I have a stash of em... Around 180 mostly EUC and some cCell. The EUC 10 pack (discontinued now) was around $9 on Fasttech so I ordered a bunch (about R12 each). So I run DIY coils after hours and Ceramic for out 'n about.

So I'll still be running ceramics for a looong time

Reactions: Like 1


----------



## Andre (7/7/17)

DaveH said:


> Haven't tried the EUC ceramic ones - may be I should give them a go.
> 
> DaveH


For the Melo 3 you need a once off sleeve for them. Compared to the Ccell units they are an absolute pleasure. She does not even prime them. Only problem she has encountered is that the sleeve (with coil unit inside) sometimes unscrews itself a tad from the bottom part of the atty, which leads to a bad connection and "no atomizer" message. Easily rectified.

Reactions: Like 1


----------



## Lawrence A (7/7/17)

Andre said:


> *For the Melo 3 you need a once off sleeve for them*. Compared to the Ccell units they are an absolute pleasure. She does not even prime them. Only problem she has encountered is that the sleeve (with coil unit inside) sometimes unscrews itself a tad from the bottom part of the atty, which leads to a bad connection and "no atomizer" message. Easily rectified.

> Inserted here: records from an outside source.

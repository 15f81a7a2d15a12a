-- ===== src/Grades/Commands/Records.antt =====
-- addStudentGrade and searchStudent.
use system_related_in_c.Base.{
  ◌≤◌, ◌<◌, ◌≡◌, ◌≢◌, refl, sym, ◌∙◌, ap, true, Option, none, some, [], ◌∷◌, ◌++◌, length, lt→ltb,
  ==_ne,
}
use system_related_in_c.Grades.Text.{Str, codes, newline, space}
use system_related_in_c.Grades.World.{Env, World, Outcome, ok, content}
use system_related_in_c.Grades.World.Files.{
  log_file, touch, extend, logged, files-extend_self, files-extend_ne, files-touch_self,
  files-touch_ne, files-logged_self, files-logged_ne, out-logged, out-touch, out-extend,
  content-touch, append-extend, open_file-ok, log_message-ok, fork-ok,
}
use system_related_in_c.Grades.Students.{Student, three_words}
use system_related_in_c.Grades.Students.Load.{students_of, load_small}
use system_related_in_c.Grades.Commands.{
  record_line, grade_line, find_student, search_student, add_student_grade,
}

-- The system lets the commands fork, and open a file and the log, which are two files.
pub record Allows (env : Env) (file : Str) : Type 0 where
  pub forks : env.fork_ok ≡ true
  pub opens : env.open_ok file ≡ true
  pub logs : env.open_ok log_file ≡ true
  pub named : length file ≢ 0
  pub not_log : file ≢ log_file

-- What searchStudent prints of a student that it has found, or of none.
abbrev pub answer : Str → Str → Option Student → Str
answer name surname none =
    codes "Student " ++ (name ++ (space ∷ (surname ++ codes " not found.\n")))
answer name surname (some s) = grade_line name surname s.grade

module _ (env : Env) (file : Str) (can : Allows env file) where
  add_student_grade-world :
      (name surname grade : Str) (w : World)
      → length (record_line name surname grade) < 256
      → add_student_grade env name surname grade file w
        ≡ ok tt (
            logged
              (codes "Student Grade Added ->" ++ three_words name surname grade)
              (extend file (record_line name surname grade) (touch file w)))
  unfolding add_student_grade
  add_student_grade-world name surname grade w short = rw (
    ==_ne can.named,
    fork-ok,
    can.forks,
    open_file-ok env file w can.opens,
    lt→ltb short,
    append-extend,
    log_message-ok env (codes "Student Grade Added ->" ++ three_words name surname grade)
        (extend file (record_line name surname grade) (touch file w)) can.logs,
  )

  -- If the child starts and opens the file and the log, two files with names, and the line has
  -- fewer than 256 bytes: addStudentGrade returns, its line is at the end of the file and its
  -- message at the end of the log, no other file changes, and nothing is printed.
  pub add_student_grade_lem :
      (name surname grade : Str) (w : World)
      → length (record_line name surname grade) < 256
      → (w' : World) × (add_student_grade env name surname grade file w ≡ ok tt w')
        × (w'.files file ≡ some (content (w.files file) ++ record_line name surname grade))
        × (w'.files log_file
            ≡ some (
                content (w.files log_file)
                ++ (codes "Student Grade Added ->"
                    ++ three_words name surname grade
                    ++ newline ∷ [])))
        × ((g : Str) → g ≢ file → g ≢ log_file → w'.files g ≡ w.files g)
        × (w'.out ≡ w.out)
  add_student_grade_lem name surname grade w short = (
    logged message (extend file line (touch file w)),
    add_student_grade-world name surname grade w short,
    files-logged_ne message _ can.not_log
        ∙ files-extend_self file line (touch file w)
        ∙ ap (λ c. some (content c ++ line)) (files-touch_self file w),
    files-logged_self message _
        ∙ ap (λ c. some (content c ++ (message ++ newline ∷ [])))
            (files-extend_ne file line (touch file w) log_ne ∙ files-touch_ne file w log_ne),
    λ g not_file not_log.
        files-logged_ne message _ not_log
        ∙ files-extend_ne file line (touch file w) not_file
        ∙ files-touch_ne file w not_file,
    out-logged message _ ∙ out-extend file line (touch file w) ∙ out-touch file w,
  )
    where
      line : Str
      line = record_line name surname grade

      message : Str
      message = codes "Student Grade Added ->" ++ three_words name surname grade

      log_ne : log_file ≢ file
      log_ne e = can.not_log (sym e)

  -- searchStudent prints its answer, and leaves every file but the log as it was.
  abbrev Searched : Str → World → World → Outcome (Unit {0}) → Type 0
  Searched text w w' r =
      (r ≡ ok tt w')
      × (w'.out ≡ w.out ++ text)
      × ((g : Str) → g ≢ log_file → content (w'.files g) ≡ content (w.files g))

  printed_world : Str → Str → World → World
  printed_world text message w =
      logged message (record (touch file w) { out = (touch file w).out ++ text })

  printed_world-Searched :
      (text message : Str) (w : World)
      → Searched text w (printed_world text message w) (ok tt (printed_world text message w))
  unfolding printed_world
  printed_world-Searched text message w = (
    refl,
    out-logged message _ ∙ ap (λ o. o ++ text) (out-touch file w),
    λ g ne. ap content (files-logged_ne message _ ne) ∙ content-touch file w g,
  )

  abbrev message_of : Str → Str → Option Student → Str
  message_of name surname none = codes "Student not found. ->" ++ (name ++ (space ∷ surname))
  message_of name surname (some s) = codes "Student searched ->" ++ (s.name ++ (space ∷ s.surname))

  search_student-world :
      (name surname : Str) (w : World) (o : Option Student)
      → length (content (w.files file)) ≤ 999
      → find_student name surname (students_of (content (w.files file))) ≡ o
      → search_student env name surname file w
        ≡ ok tt (printed_world (answer name surname o) (message_of name surname o) w)
  unfolding search_student printed_world
  search_student-world name surname w none small found = rw (
    ==_ne can.named,
    fork-ok,
    can.forks,
    open_file-ok env file w can.opens,
    load_small _ small,
    found,
    log_message-ok env _ _ can.logs,
  )
  search_student-world name surname w (some s) small found = rw (
    ==_ne can.named,
    fork-ok,
    can.forks,
    open_file-ok env file w can.opens,
    load_small _ small,
    found,
    log_message-ok env _ _ can.logs,
  )

  pub search_student_lem :
      (name surname : Str) (w : World)
      → length (content (w.files file)) ≤ 999
      → (w' : World) × (search_student env name surname file w ≡ ok tt w')
        × (w'.out
            ≡ w.out
              ++ answer name surname
                  (find_student name surname (students_of (content (w.files file)))))
        × ((g : Str) → g ≢ log_file → content (w'.files g) ≡ content (w.files g))
  search_student_lem name surname w small =
      let o = find_student name surname (students_of (content (w.files file))) in
      let done = printed_world-Searched (answer name surname o) (message_of name surname o) w in
      (_, search_student-world name surname w o small refl, done.1, done.2)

Please can you explain what this 'sleeve' is, and what purpose it serves


----------



## BubiSparks (7/7/17)

@Lawrence A - It's an adapter that allows you to use EUC coils in a multitude of atties that use the Aspire Atlantis coil design

Available Here: http://eciggies.co.za/Hardware/Cera...ramic-EUC-Coils-0.5ohm-SS316L-RED-With-Sleeve

Reactions: Informative 1


----------



## Andre (7/7/17)

Lawrence A said:


> Please can you explain what this 'sleeve' is, and what purpose it serves


With the greatest of pleasure.

In short - it houses the EUC coil. Other atties, which use the EUC coil units (like the Veco - comes with the Vaporesso Tarot Nano), do not need the sleeve. The sleeve was an after market addition to make it possible for the Melo 3 and other atties to use EUC coils.

In long:

Fltr sleeve, EUC ceramic coil unit, Melo 3 base






Unscrew the bottom part of the sleeve.





Drop the EUC coil into the sleeve.





Screw the bottom part of the sleeve back on. Screw the sleeve into the base of the Melo 3.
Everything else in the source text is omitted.